TO DO → Retype all of the records precisely.

EXERCISE MATERIALS →
--- START ---
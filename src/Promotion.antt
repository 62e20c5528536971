-- ===== src/Promotion.antt =====
-- src/promotion: promotion.entity.ts, promotion.enum.ts and promotion.dto.ts. The texts of a
-- promotion that are only shown are left out. Values and limits of discounts are amounts; the
-- value of a percentage is handed to the arithmetic of the runtime.
use vz.Common.{ℕ, String, Bool, true, false, Option, none, some, ltb, leb, if◌then◌else◌}
use vz.Common.Int.{ℤ, pos, ◌-ℤ◌, ltb_ℤ}
use vz.Shared.Errors.{
  Error, promotion_code_invalid, promotion_code_expired, promotion_code_usage_limit,
}
pub mod Codes
pub mod Discounts
pub mod Redemptions
mod Tests

pub data DiscountType : Type 0 where
  numeric percentage : DiscountType

pub record Discount : Type 0 where
  pub discount_type : DiscountType
  pub discount_value : ℤ
  pub amount_limit : Option ℤ

pub data GeneralStatus : Type 0 where
  active disabled : GeneralStatus

pub record Promotion : Type 0 where
  pub id : ℕ
  pub name : String
  pub code : String
  pub description : Option String
  pub starts_at : Option ℕ
  pub ends_at : Option ℕ
  pub usage_limit : ℕ
  pub usage_count : ℕ
  pub discount : Discount
  pub status : GeneralStatus

pub record ValidatePromotionResult : Type 0 where
  pub code : String
  pub is_valid : Bool
  pub error : Option Error

pub record ApplyPromoCodeResult : Type 0 where
  pub code : String
  pub discounted_amount : ℤ
  pub original_total : ℤ
  pub discounted_total : ℤ

-- `this.endsAt && this.endsAt < new Date()`, and the same of the start.
abbrev pub is_over : ℕ → Option ℕ → Bool
is_over now none = false
is_over now (some ends_at) = ltb ends_at now

abbrev pub is_ahead : ℕ → Option ℕ → Bool
is_ahead now none = false
is_ahead now (some starts_at) = ltb now starts_at

abbrev refused : Error → Promotion → ValidatePromotionResult
refused e p = record { code = p.code; is_valid = false; error = some e }

unfoldable pub is_valid : ℕ → Promotion → ValidatePromotionResult
is_valid now p =
    if is_over now p.ends_at
    then refused promotion_code_expired p
    else if is_ahead now p.starts_at
    then refused promotion_code_invalid p
    else if leb p.usage_limit p.usage_count
    then refused promotion_code_usage_limit p
    else record { code = p.code; is_valid = true; error = none }

-- `Math.min`
unfoldable pub min_ℤ : ℤ → ℤ → ℤ
min_ℤ a b = if ltb_ℤ b a then b else a

-- `this.discount.amountLimit || totalAmount`: a limit of 0 is none.
abbrev pub limit_or : ℤ → Option ℤ → ℤ
limit_or total none = total
limit_or total (some limit) =
    if ltb_ℤ (pos 0) limit then limit else if ltb_ℤ limit (pos 0) then limit else total

-- What the runtime computes for `(totalAmount * discountValue) / 100`.
module _ (percentage_of : ℤ → ℤ → ℤ) where
  unfoldable pub discounted_amount_of : Discount → ℤ → ℤ
  unfolding min_ℤ
  discounted_amount_of d total = elim d.discount_type [
    | numeric ↦ min_ℤ (min_ℤ d.discount_value (limit_or total d.amount_limit)) total
    | percentage ↦
        min_ℤ (min_ℤ (percentage_of total d.discount_value) (limit_or total d.amount_limit)) total
  ]

  unfoldable pub apply : ℤ → Promotion → ApplyPromoCodeResult
  unfolding discounted_amount_of
  apply total p =
      let amount = discounted_amount_of p.discount total in
      record {
        code = p.code;
        discounted_amount = amount;
        original_total = total;
        discounted_total = total -ℤ amount;
      }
--- END ---
FINAL ANSWER →
filename src/Promotion.antt
repository 62e20c5528536971
-- ===== src/Promotion.antt =====
-- src/promotion: promotion.entity.ts, promotion.enum.ts and promotion.dto.ts. The texts of a
-- promotion that are only shown are left out. Values and limits of discounts are amounts; the
-- value of a percentage is handed to the arithmetic of the runtime.
use vz.Common.{ℕ, String, Bool, true, false, Option, none, some, ltb, leb, if◌then◌else◌}
use vz.Common.Int.{ℤ, pos, ◌-ℤ◌, ltb_ℤ}
use vz.Shared.Errors.{
  Error, promotion_code_invalid, promotion_code_expired, promotion_code_usage_limit,
}
pub mod Codes
pub mod Discounts
pub mod Redemptions
mod Tests

pub data DiscountType : Type 0 where
  numeric percentage : DiscountType

pub record Discount : Type 0 where
  pub discount_type : DiscountType
  pub discount_value : ℤ
  pub amount_limit : Option ℤ

pub data GeneralStatus : Type 0 where
  active disabled : GeneralStatus

pub record Promotion : Type 0 where
  pub id : ℕ
  pub name : String
  pub code : String
  pub description : Option String
  pub starts_at : Option ℕ
  pub ends_at : Option ℕ
  pub usage_limit : ℕ
  pub usage_count : ℕ
  pub discount : Discount
  pub status : GeneralStatus

pub record ValidatePromotionResult : Type 0 where
  pub code : String
  pub is_valid : Bool
  pub error : Option Error

pub record ApplyPromoCodeResult : Type 0 where
  pub code : String
  pub discounted_amount : ℤ
  pub original_total : ℤ
  pub discounted_total : ℤ

-- `this.endsAt && this.endsAt < new Date()`, and the same of the start.
abbrev pub is_over : ℕ → Option ℕ → Bool
is_over now none = false
is_over now (some ends_at) = ltb ends_at now

abbrev pub is_ahead : ℕ → Option ℕ → Bool
is_ahead now none = false
is_ahead now (some starts_at) = ltb now starts_at

abbrev refused : Error → Promotion → ValidatePromotionResult
refused e p = record { code = p.code; is_valid = false; error = some e }

unfoldable pub is_valid : ℕ → Promotion → ValidatePromotionResult
is_valid now p =
    if is_over now p.ends_at
    then refused promotion_code_expired p
    else if is_ahead now p.starts_at
    then refused promotion_code_invalid p
    else if leb p.usage_limit p.usage_count
    then refused promotion_code_usage_limit p
    else record { code = p.code; is_valid = true; error = none }

-- `Math.min`
unfoldable pub min_ℤ : ℤ → ℤ → ℤ
min_ℤ a b = if ltb_ℤ b a then b else a

-- `this.discount.amountLimit || totalAmount`: a limit of 0 is none.
abbrev pub limit_or : ℤ → Option ℤ → ℤ
limit_or total none = total
limit_or total (some limit) =
    if ltb_ℤ (pos 0) limit then limit else if ltb_ℤ limit (pos 0) then limit else total

-- What the runtime computes for `(totalAmount * discountValue) / 100`.
module _ (percentage_of : ℤ → ℤ → ℤ) where
  unfoldable pub discounted_amount_of : Discount → ℤ → ℤ
  unfolding min_ℤ
  discounted_amount_of d total = elim d.discount_type [
    | numeric ↦ min_ℤ (min_ℤ d.discount_value (limit_or total d.amount_limit)) total
    | percentage ↦
        min_ℤ (min_ℤ (percentage_of total d.discount_value) (limit_or total d.amount_limit)) total
  ]

  unfoldable pub apply : ℤ → Promotion → ApplyPromoCodeResult
  unfolding discounted_amount_of
  apply total p =
      let amount = discounted_amount_of p.discount total in
      record {
        code = p.code;
        discounted_amount = amount;
        original_total = total;
        discounted_total = total -ℤ amount;
      }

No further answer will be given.